* _Required work_: Your task is to repeat each record verbatim, exactly as it was written.

Collected data entries
● ● ● ● ●

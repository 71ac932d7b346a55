-- ===== src/Protocol/Shapes.antt =====
-- The kinds of facts of bridge/deskhelm_protocol/model.py: their enums with the tables of their
-- values, and what the Bridge reads of a checked fact.
use deskhelm.Prelude.{String, Bool, List, [], ◌∷◌, Option}
use deskhelm.Json.{ℤ, Json, Object}
use deskhelm.Protocol.Capability.{CapabilityMatrix}
use deskhelm.Protocol.Request.{OpenRequest, Answers}

pub data FactKind : Type 0 where
  ready turn_started message tool request_opened request_resolved : FactKind
  turn_terminal status catalog capabilities session_ended : FactKind

pub data MessageRole : Type 0 where
  user assistant system : MessageRole

pub data MessagePhase : Type 0 where
  delta complete : MessagePhase

pub data ToolPhase : Type 0 where
  start output complete : ToolPhase

pub data ToolStatus : Type 0 where
  completed failed declined : ToolStatus

pub data TurnStatus : Type 0 where
  completed interrupted failed : TurnStatus

pub data Failure : Type 0 where
  provider usage_limit auth protocol transport_lost process_exit timeout : Failure

pub data ResolvedBy : Type 0 where
  native desk_helm cancelled expired : ResolvedBy

abbrev pub fact_values : List (String × FactKind)
fact_values =
    ("ready", FactKind.ready)
    ∷ ("turn_started", FactKind.turn_started)
    ∷ ("message", FactKind.message)
    ∷ ("tool", FactKind.tool)
    ∷ ("request_opened", FactKind.request_opened)
    ∷ ("request_resolved", FactKind.request_resolved)
    ∷ ("turn_terminal", FactKind.turn_terminal)
    ∷ ("status", FactKind.status)
    ∷ ("catalog", FactKind.catalog)
    ∷ ("capabilities", FactKind.capabilities)
    ∷ ("session_ended", FactKind.session_ended)
    ∷ []

abbrev pub role_values : List (String × MessageRole)
role_values =
    ("user", MessageRole.user)
    ∷ ("assistant", MessageRole.assistant)
    ∷ ("system", MessageRole.system)
    ∷ []

abbrev pub phase_values : List (String × MessagePhase)
phase_values = ("delta", MessagePhase.delta) ∷ ("complete", MessagePhase.complete) ∷ []

abbrev pub tool_phase_values : List (String × ToolPhase)
tool_phase_values =
    ("start", ToolPhase.start)
    ∷ ("output", ToolPhase.output)
    ∷ ("complete", ToolPhase.complete)
    ∷ []

abbrev pub tool_status_values : List (String × ToolStatus)
tool_status_values =
    ("completed", ToolStatus.completed)
    ∷ ("failed", ToolStatus.failed)
    ∷ ("declined", ToolStatus.declined)
    ∷ []

abbrev pub turn_status_values : List (String × TurnStatus)
turn_status_values =
    ("completed", TurnStatus.completed)
    ∷ ("interrupted", TurnStatus.interrupted)
    ∷ ("failed", TurnStatus.failed)
    ∷ []

abbrev pub failure_values : List (String × Failure)
failure_values =
    ("provider", Failure.provider)
    ∷ ("usage_limit", Failure.usage_limit)
    ∷ ("auth", Failure.auth)
    ∷ ("protocol", Failure.protocol)
    ∷ ("transport_lost", Failure.transport_lost)
    ∷ ("process_exit", Failure.process_exit)
    ∷ ("timeout", Failure.timeout)
    ∷ []

abbrev pub resolved_values : List (String × ResolvedBy)
resolved_values =
    ("native", ResolvedBy.native)
    ∷ ("deskhelm", ResolvedBy.desk_helm)
    ∷ ("cancelled", ResolvedBy.cancelled)
    ∷ ("expired", ResolvedBy.expired)
    ∷ []

pub record Message : Type 0 where
  pub message_ref : String
  pub role : MessageRole
  pub phase : MessagePhase
  pub command_id : Option String
  pub text : String

pub record Tool : Type 0 where
  pub tool_ref : String
  pub label : String
  pub phase : ToolPhase
  pub status : Option ToolStatus
  pub exit_code : Option ℤ
  pub replace : Bool
  pub stream : Json
  pub text : String

pub record Terminal : Type 0 where
  pub status : TurnStatus
  pub failure : Option Failure
  pub reusable : Bool
  pub message : String

-- A fact's `meta` and `content`, by its kind.
pub data FactBody : Type 0 where
  ready : FactBody
  turn_started : Option String → FactBody
  message : Message → FactBody
  tool : Tool → FactBody
  request_opened : OpenRequest → FactBody
  request_resolved : String → ResolvedBy → Option Answers → FactBody
  turn_terminal : Terminal → FactBody
  status : Bool → FactBody
  catalog : Object → FactBody
  capabilities : CapabilityMatrix → FactBody
  session_ended : FactBody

● ● ● ● ●

* _Answer for this exercise_:
repository 71ac932d7b346a55
-- ===== src/Protocol/Shapes.antt =====
-- The kinds of facts of bridge/deskhelm_protocol/model.py: their enums with the tables of their
-- values, and what the Bridge reads of a checked fact.
use deskhelm.Prelude.{String, Bool, List, [], ◌∷◌, Option}
use deskhelm.Json.{ℤ, Json, Object}
use deskhelm.Protocol.Capability.{CapabilityMatrix}
use deskhelm.Protocol.Request.{OpenRequest, Answers}

pub data FactKind : Type 0 where
  ready turn_started message tool request_opened request_resolved : FactKind
  turn_terminal status catalog capabilities session_ended : FactKind

pub data MessageRole : Type 0 where
  user assistant system : MessageRole

pub data MessagePhase : Type 0 where
  delta complete : MessagePhase

pub data ToolPhase : Type 0 where
  start output complete : ToolPhase

pub data ToolStatus : Type 0 where
  completed failed declined : ToolStatus

pub data TurnStatus : Type 0 where
  completed interrupted failed : TurnStatus

pub data Failure : Type 0 where
  provider usage_limit auth protocol transport_lost process_exit timeout : Failure

pub data ResolvedBy : Type 0 where
  native desk_helm cancelled expired : ResolvedBy

abbrev pub fact_values : List (String × FactKind)
fact_values =
    ("ready", FactKind.ready)
    ∷ ("turn_started", FactKind.turn_started)
    ∷ ("message", FactKind.message)
    ∷ ("tool", FactKind.tool)
    ∷ ("request_opened", FactKind.request_opened)
    ∷ ("request_resolved", FactKind.request_resolved)
    ∷ ("turn_terminal", FactKind.turn_terminal)
    ∷ ("status", FactKind.status)
    ∷ ("catalog", FactKind.catalog)
    ∷ ("capabilities", FactKind.capabilities)
    ∷ ("session_ended", FactKind.session_ended)
    ∷ []

abbrev pub role_values : List (String × MessageRole)
role_values =
    ("user", MessageRole.user)
    ∷ ("assistant", MessageRole.assistant)
    ∷ ("system", MessageRole.system)
    ∷ []

abbrev pub phase_values : List (String × MessagePhase)
phase_values = ("delta", MessagePhase.delta) ∷ ("complete", MessagePhase.complete) ∷ []

abbrev pub tool_phase_values : List (String × ToolPhase)
tool_phase_values =
    ("start", ToolPhase.start)
    ∷ ("output", ToolPhase.output)
    ∷ ("complete", ToolPhase.complete)
    ∷ []

abbrev pub tool_status_values : List (String × ToolStatus)
tool_status_values =
    ("completed", ToolStatus.completed)
    ∷ ("failed", ToolStatus.failed)
    ∷ ("declined", ToolStatus.declined)
    ∷ []

abbrev pub turn_status_values : List (String × TurnStatus)
turn_status_values =
    ("completed", TurnStatus.completed)
    ∷ ("interrupted", TurnStatus.interrupted)
    ∷ ("failed", TurnStatus.failed)
    ∷ []

abbrev pub failure_values : List (String × Failure)
failure_values =
    ("provider", Failure.provider)
    ∷ ("usage_limit", Failure.usage_limit)
    ∷ ("auth", Failure.auth)
    ∷ ("protocol", Failure.protocol)
    ∷ ("transport_lost", Failure.transport_lost)
    ∷ ("process_exit", Failure.process_exit)
    ∷ ("timeout", Failure.timeout)
    ∷ []

abbrev pub resolved_values : List (String × ResolvedBy)
resolved_values =
    ("native", ResolvedBy.native)
    ∷ ("deskhelm", ResolvedBy.desk_helm)
    ∷ ("cancelled", ResolvedBy.cancelled)
    ∷ ("expired", ResolvedBy.expired)
    ∷ []

pub record Message : Type 0 where
  pub message_ref : String
  pub role : MessageRole
  pub phase : MessagePhase
  pub command_id : Option String
  pub text : String

pub record Tool : Type 0 where
  pub tool_ref : String
  pub label : String
  pub phase : ToolPhase
  pub status : Option ToolStatus
  pub exit_code : Option ℤ
  pub replace : Bool
  pub stream : Json
  pub text : String

pub record Terminal : Type 0 where
  pub status : TurnStatus
  pub failure : Option Failure
  pub reusable : Bool
  pub message : String

-- A fact's `meta` and `content`, by its kind.
pub data FactBody : Type 0 where
  ready : FactBody
  turn_started : Option String → FactBody
  message : Message → FactBody
  tool : Tool → FactBody
  request_opened : OpenRequest → FactBody
  request_resolved : String → ResolvedBy → Option Answers → FactBody
  turn_terminal : Terminal → FactBody
  status : Bool → FactBody
  catalog : Object → FactBody
  capabilities : CapabilityMatrix → FactBody
  session_ended : FactBody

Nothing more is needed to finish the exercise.